Вдруг из кустов выскочил буржуй-жених, в руках деревянный пистолет.
Наступила трагическая минута.
У жениха пистолет фальшивый, жених стрелять не может, поэтому выстрел должен произвести за кулисами Павел Мохов. Он взвел курок своего самопала, стал ожидать момента.
— Ах, вот где моя изменщица! — и жених кинулся к Аннушке. — Вон! Всех перестреляю!
Визготня, топот, гвалт — и сцена вмиг пуста. Лицо буржуя красное, осатанелое. Аннушка оцепенела, и весь зал оцепенел.
— Ну-с! — крикнул жених и дернул ее за руку.
Павел Мохов еще подбавил пороху и выставил в щель дуло своего самопала.
— Ведь мы же с папочкой и мамочкой полагали, что вы зарезаны, — вся трепеща, сказала Аннушка буржую-жениху.
— Ничего подобного!.. Ну, паскуда, молись богу. Умри, несчастная! — и жених направил пистолет в грудь Аннушки.
— Ах, прощай, белый свет… — закачалась Аннушка и оглянулась назад, куда упасть.

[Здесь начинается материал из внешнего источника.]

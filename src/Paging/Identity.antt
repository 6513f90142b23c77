-- ===== src/Paging/Identity.antt =====
-- `paging_init`: the kernel's directory maps the first 32 MB to themselves.
use stak_os.Base.{
  ℕ, zero, suc, ◌+◌, ◌-◌, ◌*◌, ◌/◌, ◌%◌, ◌≤◌, ◌<◌, ◌≡◌, ◌⊎◌, inl, inr, refl, ap, ◌∙◌, none, some,
  ◌&&◌, ltb, leb, if◌then◌else◌, bit_or, bit_and, arith,
}
use stak_os.Base.Words.{u32_mod}
use stak_os.Base.Words.Bits.{bit_or-fields, bit_or_step, bit_and-mask}
use stak_os.Memory.{Mem, load32, load32-same}
use stak_os.Memory.Writes.{load32-store32}
use stak_os.Paging.{
  Vm, entries, identity_pt_count, frame_of, entry_at, put_entry, pd_index, pt_index,
  identity_entries, identity_windows, paging_init,
}
use stak_os.Paging.Entries.{frame_of_lem, is_present-odd}
use stak_os.Paging.Walk.{walk}

writable_lem : (q : ℕ) → bit_or (bit_or (q * 4096) 1) 2 ≡ q * 4096 + 3
writable_lem q =
    let first : bit_or (q * 4096) 1 ≡ q * 4096 + 1 = bit_or-fields 12 q 1 (omega arith) in
    let half : (q * 4096 + 1) / 2 ≡ q * 2048 = omega arith in
    rw first (
      omega (
        arith,
        bit_or_step (q * 4096 + 1) 2,
        ap (λ (x : ℕ). bit_or x 1) half,
        bit_or-fields 11 q 1 (omega arith),
      ))

identity_entries_lem :
    (n : ℕ) (m : Mem) (pt t b : ℕ)
    → pt % 4096 ≡ 0
    → b % 4 ≡ 0
    → n ≤ entries
    → t < identity_pt_count
    → load32 (identity_entries n m pt t) b ≡ (
        if leb pt b && ltb b (pt + 4 * n)
        then t * 4194304 + (b - pt) / 4 * 4096 + 3
        else load32 m b)
unfolding identity_entries
identity_entries_lem zero m pt t b page word l lt = ground arith
identity_entries_lem (suc n) m pt t b page word l lt =
    let there : t * entries * 4096 + n * 4096 ≡ (t * 1024 + n) * 4096 = omega arith in
    rw (there, writable_lem (t * 1024 + n))
      (load32-store32 (identity_entries n m pt t) (pt + 4 * n) b ((t * 1024 + n) * 4096 + 3)
          (omega (arith, page)) word
        ∙ ground (arith, identity_entries_lem n m pt t b page word (omega arith) lt))

-- The directory lies apart from the tables.
abbrev pub TablesApart : (pts pd : ℕ) → Type 0
TablesApart pts pd = (pd + 4096 ≤ pts) ⊎ (pts + 32768 ≤ pd)

-- The byte `b` is one of the tables or of the directory.
abbrev pub InTables : (pts pd b : ℕ) → Type 0
InTables pts pd b = ((pts ≤ b) × (b < pts + 32768)) ⊎ ((pd ≤ b) × (b < pd + 4096))

InTables-next :
    (pts pd b i : ℕ)
    → pts % 4096 ≡ 0
    → pd % 4096 ≡ 0
    → b % 4 ≡ 0
    → i < 4
    → InTables pts pd b
    → InTables pts pd (b + i)
InTables-next pts pd b i page page' word l (inl h) = inl (omega (arith, h, page))
InTables-next pts pd b i page page' word l (inr h) = inr (omega (arith, h, page'))

module _ (m : Mem) (pts pd : ℕ) (pts_page : pts % 4096 ≡ 0) (pd_page : pd % 4096 ≡ 0)
    (in_ram : pts + 32768 < u32_mod) (apart : TablesApart pts pd) where
  -- The word at `b` after `n` windows, `d` before them.
  abbrev after_windows : (n b d : ℕ) → ℕ
  after_windows n b d =
      if leb pts b && ltb b (pts + n * 4096)
      then (b - pts) / 4 * 4096 + 3
      else if leb pd b && ltb b (pd + 4 * n)
      then pts + (b - pd) / 4 * 4096 + 3
      else d

  -- `m2` is `m1` with the table of window `n`.
  window_step :
      (n b : ℕ) (m1 m2 : Mem)
      → b % 4 ≡ 0
      → n < identity_pt_count
      → load32 m2 b ≡ (
          if leb (pts + n * 4096) b && ltb b (pts + n * 4096 + 4096)
          then n * 4194304 + (b - (pts + n * 4096)) / 4 * 4096 + 3
          else load32 m1 b)
      → load32 m1 b ≡ after_windows n b (load32 m b)
      → load32 (put_entry m2 pd n (bit_or (bit_or (pts + n * 4096) 1) 2)) b
        ≡ after_windows (suc n) b (load32 m b)
  window_step n b m1 m2 word l table before =
      let q : pts + n * 4096 ≡ (pts / 4096 + n) * 4096 = omega (arith, pts_page) in
      let value : bit_or (bit_or (pts + n * 4096) 1) 2 ≡ pts + n * 4096 + 3 =
        rw q (writable_lem (pts / 4096 + n)) in
      rw value (
        load32-store32 m2 (pd + 4 * n) b (pts + n * 4096 + 3) (omega (arith, pd_page)) word
        ∙ ground (arith, table, before))

  identity_windows_lem :
      (n b : ℕ)
      → b % 4 ≡ 0
      → n ≤ identity_pt_count
      → load32 (identity_windows n m pts pd) b ≡ after_windows n b (load32 m b)
  unfolding identity_windows
  identity_windows_lem zero b word l = ground arith
  identity_windows_lem (suc n) b word l =
      window_step n b (identity_windows n m pts pd) _ word (omega arith)
        (identity_entries_lem entries (identity_windows n m pts pd) (pts + n * 4096) n b
          (omega (arith, pts_page)) word (omega arith) (omega arith))
        (identity_windows_lem n b word (omega arith))

  -- For a memory that holds those words from the tables and the directory.
  identity_walk :
      (m' : Mem) (a : ℕ)
      → ((b : ℕ) → b % 4 ≡ 0 → InTables pts pd b → load32 m' b ≡ after_windows 8 b (load32 m b))
      → a < 0x200_0000
      → walk m' pd a ≡ some a
  unfolding walk pd_index pt_index
  identity_walk m' a words l =
      let w = a / 4194304 in
      let j = bit_and (a / 4096) 1023 in
      let j_lem : j ≡ a / 4096 % 1024 = bit_and-mask 10 (a / 4096) in
      let pde : entry_at m' pd w ≡ pts + w * 4096 + 3 =
        words (pd + 4 * w) (omega (arith, pd_page)) (inr (omega arith)) ∙ ground arith in
      let table : frame_of (pts + w * 4096 + 3) ≡ pts + w * 4096 =
        frame_of_lem (pts + w * 4096 + 3) (omega arith) ∙ omega (arith, pts_page) in
      let pte : entry_at m' (pts + w * 4096) j ≡ a / 4096 * 4096 + 3 =
        words (pts + w * 4096 + 4 * j) (omega (arith, pts_page)) (inl (omega (arith, j_lem)))
        ∙ ground (arith, j_lem) in
      let frame : frame_of (a / 4096 * 4096 + 3) ≡ a / 4096 * 4096 =
        frame_of_lem (a / 4096 * 4096 + 3) (omega arith) ∙ omega arith in
      let back : a / 4096 * 4096 + a % 4096 ≡ a = omega arith in
      rw
        (
          pde,
          is_present-odd (pts + w * 4096 + 3) (omega (arith, pts_page)),
          table,
          pte,
          is_present-odd (a / 4096 * 4096 + 3) (omega arith),
          frame,
        )
        (ap some back)

  fault_walk :
      (m' : Mem) (a : ℕ)
      → ((b : ℕ) → b % 4 ≡ 0 → load32 m' b ≡ after_windows 8 b (load32 m b))
      → 0x200_0000 ≤ a
      → a < u32_mod
      → load32 m (pd + 4 * (a / 4194304)) ≡ 0
      → walk m' pd a ≡ none
  unfolding walk pd_index pt_index
  fault_walk m' a words l word zero_entry =
      let pde : entry_at m' pd (a / 4194304) ≡ 0 =
        words (pd + 4 * (a / 4194304)) (omega (arith, pd_page)) ∙ ground (arith, zero_entry) in
      rw pde refl

-- The map stays in a memory whose tables and directory stay.
pub paging_init-kept :
    (vm : Vm) (pts : ℕ) (m' : Mem)
    → pts % 4096 ≡ 0
    → vm.kernel_pd % 4096 ≡ 0
    → pts + 32768 < u32_mod
    → TablesApart pts vm.kernel_pd
    → ((x : ℕ) → InTables pts vm.kernel_pd x → m' x ≡ (paging_init vm pts).mem x)
    → (a : ℕ) → a < 0x200_0000
    → walk m' vm.kernel_pd a ≡ some a
unfolding paging_init
paging_init-kept vm pts m' page page' in_ram apart same a l =
    let after : Mem = identity_windows identity_pt_count vm.mem pts vm.kernel_pd in
    identity_walk vm.mem pts vm.kernel_pd page page' in_ram apart m' a
      (λ b word i.
        load32-same after m' b (same b i)
          (same (b + 1) (InTables-next pts vm.kernel_pd b 1 page page' word (omega arith) i))
          (same (b + 2) (InTables-next pts vm.kernel_pd b 2 page page' word (omega arith) i))
          (same (b + 3) (InTables-next pts vm.kernel_pd b 3 page page' word (omega arith) i))
        ∙ identity_windows_lem vm.mem pts vm.kernel_pd page page' in_ram apart identity_pt_count b
            word (omega arith))
      l

-- With the directory and the eight tables at page addresses below 2^32 and apart, after
-- `paging_init` the processor finds every address below 32 MB at itself, and every other address
-- whose entry of the directory was 0 is a page fault.
pub paging_init-walk :
    (vm : Vm) (pts : ℕ)
    → pts % 4096 ≡ 0
    → vm.kernel_pd % 4096 ≡ 0
    → pts + 32768 < u32_mod
    → TablesApart pts vm.kernel_pd
    → ((a : ℕ) → a < 0x200_0000 → walk (paging_init vm pts).mem vm.kernel_pd a ≡ some a)
      × ((a : ℕ)
          → 0x200_0000 ≤ a
          → a < u32_mod
          → load32 vm.mem (vm.kernel_pd + 4 * (a / 4194304)) ≡ 0
          → walk (paging_init vm pts).mem vm.kernel_pd a ≡ none)
unfolding paging_init
paging_init-walk vm pts page page' in_ram apart =
    let words = λ (b : ℕ) (word : b % 4 ≡ 0).
      identity_windows_lem vm.mem pts vm.kernel_pd page page' in_ram apart identity_pt_count b word
        (omega arith) in
    let after : Mem = identity_windows identity_pt_count vm.mem pts vm.kernel_pd in
    (
      λ a l.
          identity_walk vm.mem pts vm.kernel_pd page page' in_ram apart after a (λ b w i. words b w)
            l,
      λ a l w z. fault_walk vm.mem pts vm.kernel_pd page page' in_ram apart after a words l w z,
    )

Павел Мохов спустил курок, но самопал дал осечку. Зал разинул рот и перестал дышать. За сценой шипели в уши Мохова:
— Вали-вали-вали еще, Пашка, вали…
— Умри, несчастная! Во второй раз говорю!.. — свирепо крикнул жених.
— Ах, прощай, белый свет… — отчаянно простонала Аннушка и закачалась.
Павел Мохов трясущейся рукой спустил курок, но самопал опять дал осечку. Злобно ругаясь, Павел выбрал из проржавленных пистонов самый свежий.